Collected data:
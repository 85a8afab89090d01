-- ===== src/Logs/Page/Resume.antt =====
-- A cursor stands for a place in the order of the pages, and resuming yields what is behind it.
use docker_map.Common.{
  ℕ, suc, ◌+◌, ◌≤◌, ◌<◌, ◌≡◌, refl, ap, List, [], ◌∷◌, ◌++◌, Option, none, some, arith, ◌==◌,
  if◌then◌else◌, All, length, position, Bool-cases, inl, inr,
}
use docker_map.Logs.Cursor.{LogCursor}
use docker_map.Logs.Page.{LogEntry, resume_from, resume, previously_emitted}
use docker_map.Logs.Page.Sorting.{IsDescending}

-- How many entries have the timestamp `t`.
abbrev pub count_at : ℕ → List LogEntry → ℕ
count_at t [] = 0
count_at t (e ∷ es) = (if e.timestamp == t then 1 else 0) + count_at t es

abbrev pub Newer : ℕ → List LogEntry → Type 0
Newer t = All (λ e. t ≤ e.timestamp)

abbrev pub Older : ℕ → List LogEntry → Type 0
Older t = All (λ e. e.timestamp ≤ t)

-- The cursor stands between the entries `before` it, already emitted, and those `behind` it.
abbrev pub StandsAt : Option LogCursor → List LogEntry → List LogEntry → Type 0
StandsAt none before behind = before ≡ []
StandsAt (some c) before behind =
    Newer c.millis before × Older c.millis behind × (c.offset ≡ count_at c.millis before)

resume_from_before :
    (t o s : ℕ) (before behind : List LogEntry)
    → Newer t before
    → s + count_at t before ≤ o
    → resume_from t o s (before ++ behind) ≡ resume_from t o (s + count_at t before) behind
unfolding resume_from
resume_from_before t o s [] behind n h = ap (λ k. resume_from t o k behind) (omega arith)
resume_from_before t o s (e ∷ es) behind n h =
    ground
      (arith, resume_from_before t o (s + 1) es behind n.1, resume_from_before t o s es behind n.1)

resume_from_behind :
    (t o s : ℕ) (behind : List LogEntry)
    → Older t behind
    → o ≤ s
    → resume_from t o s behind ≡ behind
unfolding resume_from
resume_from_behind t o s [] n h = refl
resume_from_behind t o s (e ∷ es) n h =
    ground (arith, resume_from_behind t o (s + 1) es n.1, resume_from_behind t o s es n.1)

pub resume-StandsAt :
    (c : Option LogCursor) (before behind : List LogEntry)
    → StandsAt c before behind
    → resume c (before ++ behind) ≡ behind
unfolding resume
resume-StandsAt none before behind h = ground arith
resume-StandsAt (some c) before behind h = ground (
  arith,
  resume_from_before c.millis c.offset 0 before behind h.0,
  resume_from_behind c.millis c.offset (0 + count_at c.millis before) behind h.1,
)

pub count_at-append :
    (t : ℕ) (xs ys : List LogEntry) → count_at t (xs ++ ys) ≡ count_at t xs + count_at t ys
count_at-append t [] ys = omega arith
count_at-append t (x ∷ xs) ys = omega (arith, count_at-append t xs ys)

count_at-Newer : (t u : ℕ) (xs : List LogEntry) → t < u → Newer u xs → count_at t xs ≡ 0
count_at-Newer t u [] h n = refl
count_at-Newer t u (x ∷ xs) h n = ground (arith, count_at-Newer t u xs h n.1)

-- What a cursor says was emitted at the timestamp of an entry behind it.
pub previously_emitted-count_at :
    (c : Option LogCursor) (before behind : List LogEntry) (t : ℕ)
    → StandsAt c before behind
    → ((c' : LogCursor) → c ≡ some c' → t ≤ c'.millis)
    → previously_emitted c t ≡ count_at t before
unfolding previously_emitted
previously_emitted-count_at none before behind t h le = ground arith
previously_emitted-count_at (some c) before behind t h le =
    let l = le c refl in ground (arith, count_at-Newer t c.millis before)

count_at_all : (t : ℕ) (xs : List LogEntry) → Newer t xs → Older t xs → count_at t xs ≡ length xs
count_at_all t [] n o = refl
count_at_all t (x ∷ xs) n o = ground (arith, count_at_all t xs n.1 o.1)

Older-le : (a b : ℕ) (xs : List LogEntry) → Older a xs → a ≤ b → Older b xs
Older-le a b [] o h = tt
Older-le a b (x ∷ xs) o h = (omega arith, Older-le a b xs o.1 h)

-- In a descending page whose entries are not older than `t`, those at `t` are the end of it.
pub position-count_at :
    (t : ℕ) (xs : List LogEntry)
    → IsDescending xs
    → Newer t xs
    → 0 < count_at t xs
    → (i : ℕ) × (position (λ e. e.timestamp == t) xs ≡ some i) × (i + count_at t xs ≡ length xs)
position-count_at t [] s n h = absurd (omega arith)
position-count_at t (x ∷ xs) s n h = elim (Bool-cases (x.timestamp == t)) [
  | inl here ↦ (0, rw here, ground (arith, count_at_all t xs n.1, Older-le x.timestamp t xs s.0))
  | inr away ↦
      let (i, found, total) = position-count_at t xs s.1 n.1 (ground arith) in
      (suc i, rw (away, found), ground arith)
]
---
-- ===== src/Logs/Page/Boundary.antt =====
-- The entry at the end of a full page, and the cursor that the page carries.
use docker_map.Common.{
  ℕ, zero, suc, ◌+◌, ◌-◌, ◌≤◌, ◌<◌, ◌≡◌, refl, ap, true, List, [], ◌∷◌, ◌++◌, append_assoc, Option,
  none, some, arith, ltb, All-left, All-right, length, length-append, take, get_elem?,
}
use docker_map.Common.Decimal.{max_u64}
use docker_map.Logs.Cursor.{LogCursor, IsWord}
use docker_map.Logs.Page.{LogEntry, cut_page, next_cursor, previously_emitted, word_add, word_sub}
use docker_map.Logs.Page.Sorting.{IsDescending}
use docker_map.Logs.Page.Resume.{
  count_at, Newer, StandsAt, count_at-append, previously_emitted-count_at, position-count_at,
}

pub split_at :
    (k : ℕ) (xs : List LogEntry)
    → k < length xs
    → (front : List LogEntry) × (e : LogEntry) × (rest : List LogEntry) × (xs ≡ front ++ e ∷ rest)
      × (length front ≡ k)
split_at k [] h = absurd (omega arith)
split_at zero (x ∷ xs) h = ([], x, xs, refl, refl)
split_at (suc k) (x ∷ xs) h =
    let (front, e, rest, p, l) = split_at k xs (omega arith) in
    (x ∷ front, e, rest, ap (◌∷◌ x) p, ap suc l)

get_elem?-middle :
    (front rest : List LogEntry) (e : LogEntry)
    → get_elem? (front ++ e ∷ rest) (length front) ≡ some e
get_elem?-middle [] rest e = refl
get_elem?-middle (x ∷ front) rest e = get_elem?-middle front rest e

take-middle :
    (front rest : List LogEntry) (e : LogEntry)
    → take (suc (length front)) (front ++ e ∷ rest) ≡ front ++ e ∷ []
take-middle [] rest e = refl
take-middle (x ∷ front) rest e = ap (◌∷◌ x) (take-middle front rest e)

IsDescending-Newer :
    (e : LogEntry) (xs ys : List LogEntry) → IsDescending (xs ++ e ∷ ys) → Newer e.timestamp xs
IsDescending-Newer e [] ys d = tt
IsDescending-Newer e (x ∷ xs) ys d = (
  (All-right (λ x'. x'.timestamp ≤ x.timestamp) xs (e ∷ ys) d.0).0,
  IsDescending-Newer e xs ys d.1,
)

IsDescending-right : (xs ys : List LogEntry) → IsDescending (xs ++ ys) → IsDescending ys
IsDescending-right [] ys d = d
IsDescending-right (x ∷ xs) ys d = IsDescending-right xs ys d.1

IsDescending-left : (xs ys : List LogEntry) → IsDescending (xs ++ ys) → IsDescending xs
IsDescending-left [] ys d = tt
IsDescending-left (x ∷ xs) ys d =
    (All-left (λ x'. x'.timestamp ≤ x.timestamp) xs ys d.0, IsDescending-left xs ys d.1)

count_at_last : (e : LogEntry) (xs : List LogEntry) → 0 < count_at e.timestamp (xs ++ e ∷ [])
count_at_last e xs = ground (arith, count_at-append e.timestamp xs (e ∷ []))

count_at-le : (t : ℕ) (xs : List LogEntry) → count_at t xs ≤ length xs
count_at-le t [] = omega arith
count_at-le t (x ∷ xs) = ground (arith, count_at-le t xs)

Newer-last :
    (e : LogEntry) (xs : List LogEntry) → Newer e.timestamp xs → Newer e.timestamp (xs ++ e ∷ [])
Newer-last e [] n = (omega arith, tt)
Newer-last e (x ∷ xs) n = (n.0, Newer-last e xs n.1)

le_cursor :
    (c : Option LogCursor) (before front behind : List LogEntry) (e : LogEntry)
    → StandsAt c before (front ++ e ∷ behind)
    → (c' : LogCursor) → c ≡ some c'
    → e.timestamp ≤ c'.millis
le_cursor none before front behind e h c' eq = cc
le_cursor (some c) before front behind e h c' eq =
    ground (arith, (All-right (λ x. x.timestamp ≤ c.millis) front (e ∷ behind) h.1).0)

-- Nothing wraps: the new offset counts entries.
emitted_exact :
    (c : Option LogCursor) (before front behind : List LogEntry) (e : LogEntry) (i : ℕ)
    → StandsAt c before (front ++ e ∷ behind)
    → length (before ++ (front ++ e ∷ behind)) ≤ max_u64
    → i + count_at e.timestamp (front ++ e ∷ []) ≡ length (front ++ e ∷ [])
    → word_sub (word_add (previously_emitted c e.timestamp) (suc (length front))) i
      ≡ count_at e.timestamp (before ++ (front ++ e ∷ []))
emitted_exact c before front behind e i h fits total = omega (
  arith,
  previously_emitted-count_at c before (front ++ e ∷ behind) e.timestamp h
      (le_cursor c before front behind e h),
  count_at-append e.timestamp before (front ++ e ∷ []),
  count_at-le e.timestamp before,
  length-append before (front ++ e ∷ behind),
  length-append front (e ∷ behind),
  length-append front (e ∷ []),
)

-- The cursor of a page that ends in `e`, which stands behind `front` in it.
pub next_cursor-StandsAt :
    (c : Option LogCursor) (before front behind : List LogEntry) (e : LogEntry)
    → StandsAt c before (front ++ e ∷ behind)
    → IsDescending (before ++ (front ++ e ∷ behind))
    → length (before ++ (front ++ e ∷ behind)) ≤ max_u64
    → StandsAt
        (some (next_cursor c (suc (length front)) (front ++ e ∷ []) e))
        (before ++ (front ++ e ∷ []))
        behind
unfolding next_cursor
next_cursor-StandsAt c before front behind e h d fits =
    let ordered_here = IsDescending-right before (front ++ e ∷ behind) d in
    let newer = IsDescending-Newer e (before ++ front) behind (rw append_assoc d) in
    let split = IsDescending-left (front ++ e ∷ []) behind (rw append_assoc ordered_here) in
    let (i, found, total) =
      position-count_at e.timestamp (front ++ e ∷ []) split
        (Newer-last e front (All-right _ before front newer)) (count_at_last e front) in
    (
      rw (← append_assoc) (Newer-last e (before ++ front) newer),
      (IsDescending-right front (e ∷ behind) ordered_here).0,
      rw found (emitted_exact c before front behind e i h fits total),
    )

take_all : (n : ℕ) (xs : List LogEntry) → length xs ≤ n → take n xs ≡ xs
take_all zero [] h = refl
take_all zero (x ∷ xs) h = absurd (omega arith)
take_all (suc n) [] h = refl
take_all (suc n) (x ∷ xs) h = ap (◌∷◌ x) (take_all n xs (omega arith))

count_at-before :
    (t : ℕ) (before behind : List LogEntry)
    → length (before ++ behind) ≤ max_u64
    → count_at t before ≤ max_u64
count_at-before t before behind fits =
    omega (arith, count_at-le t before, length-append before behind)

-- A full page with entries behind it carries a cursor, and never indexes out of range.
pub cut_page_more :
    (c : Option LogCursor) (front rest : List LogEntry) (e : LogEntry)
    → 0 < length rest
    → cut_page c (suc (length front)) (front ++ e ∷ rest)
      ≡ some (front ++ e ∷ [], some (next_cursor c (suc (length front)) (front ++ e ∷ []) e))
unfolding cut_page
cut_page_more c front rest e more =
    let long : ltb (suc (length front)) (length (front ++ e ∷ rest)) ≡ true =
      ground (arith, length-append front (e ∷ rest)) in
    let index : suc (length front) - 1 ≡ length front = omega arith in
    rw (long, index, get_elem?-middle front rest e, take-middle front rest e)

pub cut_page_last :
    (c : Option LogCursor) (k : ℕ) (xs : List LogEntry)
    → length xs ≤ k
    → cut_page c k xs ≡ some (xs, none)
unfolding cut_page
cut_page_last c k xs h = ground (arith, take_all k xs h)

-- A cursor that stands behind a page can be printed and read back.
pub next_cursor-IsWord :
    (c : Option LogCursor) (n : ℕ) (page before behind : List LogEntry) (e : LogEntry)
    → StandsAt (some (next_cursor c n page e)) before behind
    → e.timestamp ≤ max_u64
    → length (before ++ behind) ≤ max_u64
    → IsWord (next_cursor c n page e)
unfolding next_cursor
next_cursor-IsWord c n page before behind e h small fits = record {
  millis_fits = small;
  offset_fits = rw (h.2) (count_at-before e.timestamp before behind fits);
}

## What you will do
Using the entries above, return each line in which the word "that" occurs.

## Task answer
-- The entry at the end of a full page, and the cursor that the page carries.
-- The cursor of a page that ends in `e`, which stands behind `front` in it.
-- A cursor that stands behind a page can be printed and read back.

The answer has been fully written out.